Evidential Deep Learning for Interatomic Potentials

Han Xu,Taoyong Cui,Chenyu Tang,Dongzhan Zhou,Yuqiang Li,Xiang Gao,Xingao Gong,Wanli Ouyang,Shufei Zhang,Mao Su
2024-07-19
Abstract:Machine learning interatomic potentials (MLIPs) have been widely used to facilitate large scale molecular simulations with ab initio level accuracy. However, MLIP-based molecular simulations frequently encounter the issue of collapse due to decreased prediction accuracy for out-of-distribution (OOD) data. To mitigate this issue, it is crucial to enrich the training set with active learning, where uncertainty estimation serves as an effective method for identifying and collecting OOD data. Therefore, a feasible method for uncertainty estimation in MLIPs is desired. The existing methods either require expensive computations or compromise prediction accuracy. In this work, we introduce evidential deep learning for interatomic potentials (eIP) with a physics-inspired design. Our experiments demonstrate that eIP consistently generates reliable uncertainties without incurring notable additional computational costs, while the prediction accuracy remains unchanged. Furthermore, we present an eIP-based active learning workflow, where eIP is used not only to estimate the uncertainty of molecular data but also to perform uncertainty-driven dynamics simulations. Our findings show that eIP enables efficient sampling for a more diverse dataset, thereby advancing the feasibility of MLIP-based molecular simulations.
Computational Physics
What problem does this paper attempt to address?

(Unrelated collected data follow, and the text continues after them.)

-- ===== src/App.antt =====
-- The demo workload: app/internal and app/cmd.
pub mod Queue
pub mod Work
pub mod Worker
pub mod Api
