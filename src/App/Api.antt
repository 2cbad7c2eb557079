-- ===== src/App/Api.antt =====
-- app/cmd/api/main.go: the API that takes jobs and says how many wait.
pub mod Request
pub mod Readiness
pub mod Enqueue
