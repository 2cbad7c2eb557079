-- ===== src/Prelude/Lists.antt =====
-- Lists measured by native numbers, and the list functions that the source writes as loops.
use Prim.Native.Nat.{ℕ, suc, ◌+◌}
use mathlib.Core.Path.{◌≡◌, refl, sym, ap, ◌∙◌, ap₂, subst}
use mathlib.Core.Bool.{Bool, true, false, not, ◌&&◌, ◌||◌}
use mathlib.Core.List.{List, [], ◌∷◌, ◌++◌, map, Perm, Permᴰ, perm_middle, Memᴰ}
use mathlib.Core.List.Perm
use mathlib.Core.Logic.{◌↔◌, ∥∥₁_elim}
use native.Mathlib.Omega.{arith}

module _ {ℓ} {A : Type ℓ} where
  abbrev pub length : List A → ℕ
  length [] = 0
  length (x ∷ xs) = suc (length xs)

  pub length-append : (xs ys : List A) → length (xs ++ ys) ≡ length xs + length ys
  length-append [] ys = omega arith
  length-append (x ∷ xs) ys = omega (arith, length-append xs ys)

  -- `len(xs) == 0`
  abbrev pub is_empty : List A → Bool
  is_empty [] = true
  is_empty (x ∷ xs) = false

  abbrev pub All {κ} : (A → Type κ) → List A → Type κ
  All P [] = Unit
  All P (x ∷ xs) = P x × All P xs

  pub All-append {κ} : (P : A → Type κ) (xs ys : List A) → All P xs → All P ys → All P (xs ++ ys)
  All-append P [] ys _ q = q
  All-append P (x ∷ xs) ys (p, ps) q = (p, All-append P xs ys ps q)

  abbrev pub any : (A → Bool) → List A → Bool
  any p [] = false
  any p (x ∷ xs) = p x || any p xs

  abbrev pub all : (A → Bool) → List A → Bool
  all p [] = true
  all p (x ∷ xs) = p x && all p xs

  pub is_empty-append_cons : (xs : List A) (y : A) (ys : List A) → is_empty (xs ++ y ∷ ys) ≡ false
  is_empty-append_cons [] y ys = refl
  is_empty-append_cons (x ∷ xs) y ys = refl

  pub is_empty_iff : (xs : List A) → (is_empty xs ≡ true) ↔ (xs ≡ [])
  is_empty_iff [] = (λ _. refl, λ _. refl)
  is_empty_iff (x ∷ xs) = (λ h. cc, λ h. cc)

  -- The elements that pass a Boolean test.
  abbrev pub keep : (A → Bool) → List A → List A
  keep p [] = []
  keep p (x ∷ xs) = elim (p x) [ true ↦ x ∷ keep p xs | false ↦ keep p xs ]

  pub keep-perm : (p : A → Bool) (xs : List A) → Perm (keep p xs ++ keep (λ x. not (p x)) xs) xs
  keep-perm p [] = Perm.nil
  keep-perm p (x ∷ xs) =
      elim (p x)
        as (λ b.
          Perm
            ((elim b [ true ↦ x ∷ keep p xs | false ↦ keep p xs ]) ++ (elim (not b) [
              | true ↦ x ∷ keep (λ y. not (p y)) xs
              | false ↦ keep (λ y. not (p y)) xs
            ]))
            (x ∷ xs)) [
              | true ↦ Perm.cons x (keep-perm p xs)
              | false ↦
                  Perm.trans (perm_middle (keep p xs) (keep (λ y. not (p y)) xs))
                    (Perm.cons x (keep-perm p xs))
            ]

  pub is_empty-append : (xs ys : List A) → is_empty (xs ++ ys) ≡ (is_empty xs && is_empty ys)
  is_empty-append [] ys = ground arith
  is_empty-append (x ∷ xs) ys = refl

module _ {ℓ κ} {A : Type ℓ} {B : Type κ} (f : A → B) where
  pub is_empty-map : (xs : List A) → is_empty (map f xs) ≡ is_empty xs
  is_empty-map [] = refl
  is_empty-map (x ∷ xs) = refl

module _ {ℓ κ} {A : Type ℓ} (P : A → Type κ) (prop : (x : A) → IsProp (P x)) where
  All-IsProp : (xs : List A) → IsProp (All P xs)
  All-IsProp [] p q = refl
  All-IsProp (x ∷ xs) (p, ps) (q, qs) = ap₂ (λ a b. (a, b)) (prop x p q) (All-IsProp xs ps qs)

  All-permᴰ : {xs ys : List A} → Permᴰ xs ys → All P xs → All P ys
  All-permᴰ Permᴰ.nil ps = ps
  All-permᴰ (Permᴰ.cons e p) ps = (subst P e ps.0, All-permᴰ p ps.1)
  All-permᴰ (Permᴰ.swap e f) ps = (subst P f ps.1.0, (subst P e ps.0, ps.1.1))
  All-permᴰ (Permᴰ.trans p q) ps = All-permᴰ q (All-permᴰ p ps)

  pub All-perm : {xs ys : List A} → Perm xs ys → All P xs → All P ys
  All-perm {ys} p ps = ∥∥₁_elim p (All-IsProp ys) (λ d. All-permᴰ d ps)

pub keep_mem {ℓ} :
    {A : Type ℓ} (p : A → Bool) {a : A} {xs : List A} → Memᴰ a xs → p a ≡ true → Memᴰ a (keep p xs)
keep_mem p (Memᴰ.head {xs} e) h = rw (ap p (sym e) ∙ h, keep) (Memᴰ.head e)
keep_mem p {a} (Memᴰ.tail {x} {xs} m) h =
    elim (p x) as (λ b. Memᴰ a (elim b [ true ↦ x ∷ keep p xs | false ↦ keep p xs ])) [
      | true ↦ Memᴰ.tail (keep_mem p m h)
      | false ↦ keep_mem p m h
    ]
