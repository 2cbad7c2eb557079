-- ===== src/Prelude/Texts.antt =====
-- Texts: the byte-wise order of Go's `<`, and the parts of `fmt` and `strings` that the source uses.
use Prim.Native.Nat.{ℕ, zero, suc, ◌/◌, ◌%◌, Ordering}
use Prim.Native.String
use Prim.Native.String.{String, compare}
use mathlib.Core.Bool.{Bool, true, false}
use mathlib.Core.List.{List, [], ◌∷◌}
use cost_risk_aware_gitops_p.Prelude.Tests.{ltb, ◌==◌, if◌then◌else◌}
use cost_risk_aware_gitops_p.Prelude.Int.{ℤ, pos, negsuc}

-- `s < t` on strings.
abbrev pub str_lt : String → String → Bool
str_lt s t = elim (compare s t) [ Ordering.lt ↦ true | _ ↦ false ]

-- The pieces of a format, put together.
unfoldable pub concat : List String → String
concat [] = ""
concat (s ∷ ss) = String.◌++◌ s (concat ss)

-- `strings.Join`.
unfoldable pub join : String → List String → String
join sep [] = ""
join sep (s ∷ []) = s
join sep (s ∷ t ∷ ss) = String.◌++◌ s (String.◌++◌ sep (join sep (t ∷ ss)))

abbrev digit : ℕ → String
digit n =
    if n == 0
    then "0"
    else if n == 1
    then "1"
    else if n == 2
    then "2"
    else if n == 3
    then "3"
    else if n == 4
    then "4"
    else if n == 5
    then "5"
    else if n == 6
    then "6"
    else if n == 7
    then "7"
    else if n == 8
    then "8"
    else "9"

-- Each round takes a digit off, so the number itself is fuel enough.
show_from : ℕ → ℕ → String
show_from zero n = digit n
show_from (suc fuel) n =
    let more = String.◌++◌ (show_from fuel (n / 10)) (digit (n % 10)) in
    if ltb n 10 then digit n else more

-- `%d`.
unfoldable pub show_nat : ℕ → String
unfolding show_from
show_nat n = show_from n n

unfoldable pub show_int : ℤ → String
unfolding show_nat
show_int (pos n) = show_nat n
show_int (negsuc n) = String.◌++◌ "-" (show_nat (suc n))

-- `%q`, for texts that hold no quote, backslash or control character.
unfoldable pub quote : String → String
unfolding concat
quote s = concat ("\"" ∷ s ∷ "\"" ∷ [])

The paper primarily focuses on addressing the issues encountered by Machine Learning Interatomic Potentials (MLIPs) in molecular simulations, particularly on how to improve the prediction accuracy for Out-of-distribution (OOD) data and construct more effective training datasets through active learning. Specifically, the core problems addressed by the paper are: 1. **Reducing the decline in prediction accuracy caused by OOD data**: When MLIPs are applied to unseen data, the prediction accuracy often significantly drops, even leading to simulation failures. Therefore, an effective method is needed to estimate the uncertainty of predictions to identify these OOD data points. 2. **Constructing effective training datasets**: To improve the performance of MLIPs, it is necessary to continuously enrich the training dataset through active learning. This requires a reliable method to estimate uncertainty, allowing the selection of the most uncertain data points that are most likely to bring new information for re-annotation. To address the above issues, the paper proposes the "Evidential Deep Learning for Interatomic Potentials" (eIP) method. The main contributions of eIP are: - Providing a new framework for estimating uncertainty in interatomic potential models, which can generate reliable uncertainty estimates without requiring a significant additional computational cost. - Designing a model architecture that considers physical properties, including locality and equivariance, to ensure the reasonableness and effectiveness of uncertainty estimates. - Introducing a Bayesian quantile regression model to improve the handling of non-Gaussian distributed data. - Implementing an active learning workflow based on eIP, not only for uncertainty estimation but also for uncertainty-driven dynamic simulations to explore unknown atomic structures. Through experiments on small molecule and water molecule datasets, the paper demonstrates the effectiveness and efficiency of the eIP method, proving its potential in improving the performance of MLIPs.